So, you’ve got a notebook. Great. Now what?
It seems every creative person, or every person who fancies themselves as creative, has a notebook. Mine happens to be a Moleskine, which are very popular, but yours may be something else. It doesn’t matter, really, what it is, because they all serve the same purpose. To be filled with ideas for later development. Is it?
What are you writing in your Moleskine? What fills your sketchbook?

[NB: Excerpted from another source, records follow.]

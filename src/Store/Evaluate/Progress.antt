-- ===== src/Store/Evaluate/Progress.antt =====
-- A new event is stored when nothing fails.
use learn_go_project.Prelude.{
  ◌≡◌, refl, ◌∙◌, has_key-of_zero, count_key-zero, eq_refl, true, false, has_key, has_key-snoc_self,
}
use learn_go_project.Errors.{Result, ok}
use learn_go_project.Float.{Float64, ◌≼◌}
use learn_go_project.Domain.{TransactionCreated, History, Assessment}
use learn_go_project.Platform.{Platform, Bytes}
use learn_go_project.Prelude.{pos}
use learn_go_project.Store.Consistency.{IsConsistent}
use learn_go_project.Store.History.{select_history, scan_int64}
use learn_go_project.Store.History.Window.{expected, select_history-eq-expected}
use learn_go_project.Store.Tables.{
  Tables, transaction_key, transaction_event, assessment_key, assessment_event, outbox_event,
  with_transaction, insert_transaction, insert_assessment, insert_outbox,
}
use learn_go_project.Store.Evaluate.{
  no_faults, transaction_row, subject, encode_event, record_event, load_history, score,
  encode_signals, encode_payload, enqueue, store_assessment, fresh, body, end_transaction,
  in_transaction, evaluate_event,
}
use learn_go_project.Store.Evaluate.Outcome.{extended}

module _ {F : Type 0} ⦃f : Float64 F⦄ (p : Platform F) (e : TransactionCreated)
    (evaluate : History → Result (Assessment F)) where
  -- The history of the account: the transactions strictly before the event.
  abbrev pub history_before : Tables F → History
  history_before db = expected p.amount_minor (subject p e) db.transactions

  -- An event that can be stored: it has new ids, the evaluator scores its history, what is stored can
  -- be encoded, and the assessment's event id is new.
  pub record IsStorable (a : Assessment F) (raw signals payload : Bytes) (db : Tables F)
      : Type 0 where
    pub encoded : p.encode_transaction e ≡ ok raw
    pub new_key : has_key transaction_key e.transaction_id db.transactions ≡ false
    pub new_event : has_key transaction_event e.event_id db.transactions ≡ false
    pub fits : scan_int64 (history_before db).spend_minor_1h ≡ ok (history_before db).spend_minor_1h
    pub scored : evaluate (history_before db) ≡ ok a
    pub own : a.transaction_id ≡ e.transaction_id
    pub at_least_zero : f.of_int (pos 0) ≼ a.risk_score
    pub at_most_one : a.risk_score ≼ f.of_int (pos 1)
    pub encoded_signals : p.encode_signals a.signals ≡ ok signals
    pub encoded_payload : p.encode_assessment a ≡ ok payload
    pub new_assessment_event : has_key assessment_event a.event_id db.assessments ≡ false
    pub new_outbox_event : has_key outbox_event a.event_id db.outbox ≡ false

  module _ {a : Assessment F} {raw signals payload : Bytes} (db : Tables F) (c : IsConsistent db)
      (s : IsStorable a raw signals payload db) where
    own_key :
        has_key transaction_key a.transaction_id
          (with_transaction (transaction_row p e raw) db).transactions
        ≡ true
    own_key =
        simp s.own (has_key-snoc_self transaction_key db.transactions (transaction_row p e raw))

    -- A new transaction has no assessment.
    new_assessment : has_key assessment_key a.transaction_id db.assessments ≡ false
    new_assessment = rw s.own (
        has_key-of_zero assessment_key e.transaction_id db.assessments (
          c.assessed e.transaction_id
          ∙ count_key-zero transaction_key e.transaction_id db.transactions s.new_key))

    loaded :
        select_history p.amount_minor
          (subject p e)
          (with_transaction (transaction_row p e raw) db).transactions
        ≡ ok (history_before db)
    loaded =
        select_history-eq-expected (subject p e) (transaction_row p e raw) (eq_refl e.account_id)
          refl p.amount_minor db.transactions s.fits

    fresh-new :
        fresh p no_faults e evaluate (with_transaction (transaction_row p e raw) db)
        ≡ (ok (a, true), extended p e raw a signals payload db)
    unfolding fresh load_history score encode_signals store_assessment encode_payload enqueue
        insert_assessment insert_outbox
    fresh-new =
        simp
          (
            loaded, s.scored, s.encoded_signals, s.at_least_zero, s.at_most_one, new_assessment,
            s.new_assessment_event, own_key, s.encoded_payload, s.new_outbox_event,
          )
          refl

    -- If no call fails, the tables are consistent, the ids of the event and of its assessment are new,
    -- and the account's spending of an hour is an int64, an event is stored with the assessment that
    -- the evaluator makes of the transactions strictly before it, whose score lies between 0 and 1:
    -- the call returns that assessment as new, and the tables have the event's three rows more.
    pub evaluate_event-IsStorable :
        evaluate_event p no_faults e evaluate db
        ≡ (ok (a, true), extended p e raw a signals payload db)
    unfolding evaluate_event in_transaction end_transaction body encode_event record_event
        insert_transaction
    evaluate_event-IsStorable = simp (s.encoded, s.new_key, s.new_event, fresh-new) refl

Of course, the obvious answer is that you do, but that’s not what I mean. What inspires you? For ages now, I’ve carried that little, black notebook in my pocket, much to the amusement of some of my friends, jotting down the odd bit of intellectual fluff that gets stuck on the brier patch of my mind. In some ways, I fill my notebook with those mental irritants that I need to scrape loose so I can think about other things. Sometimes, it’ll be quotes or odd phrases that I jot down. Other times, it’s titles or names. Occasionally, whole paragraphs of thought will squeeze their way between those black covers. Mostly, my Moleskine is filled with the flotsam and jetsam of an over-active mind that washes up on that paper shore. Things I think might lead somewhere or that I might eventually use, either in a story or a blog post.

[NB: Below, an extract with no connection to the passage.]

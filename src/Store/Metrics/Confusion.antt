-- ===== src/Store/Metrics/Confusion.antt =====
-- The confusion matrix of `ModelMetrics` adds up.
use learn_go_project.Store.Tables.{Tables}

But, the thing is, only the things I actually bother to record there are what fill the pages. Ultimately, it doesn’t matter so much what it is, as long as it’s something I find interesting or important or worth tracking. One day, I hope to actually, you know, use those things, which is why I record them, but, at least it’s a step. For many of us, who long to be more actively creative, recording even the smallest bits of our creativity is the first, most important step to actually producing something.
Of course, everyone will find different things to fill up their notebooks or sketchbooks, Moleskine or otherwise. But, only if they work at it consistently.
So, now, what are you waiting for? Get to work!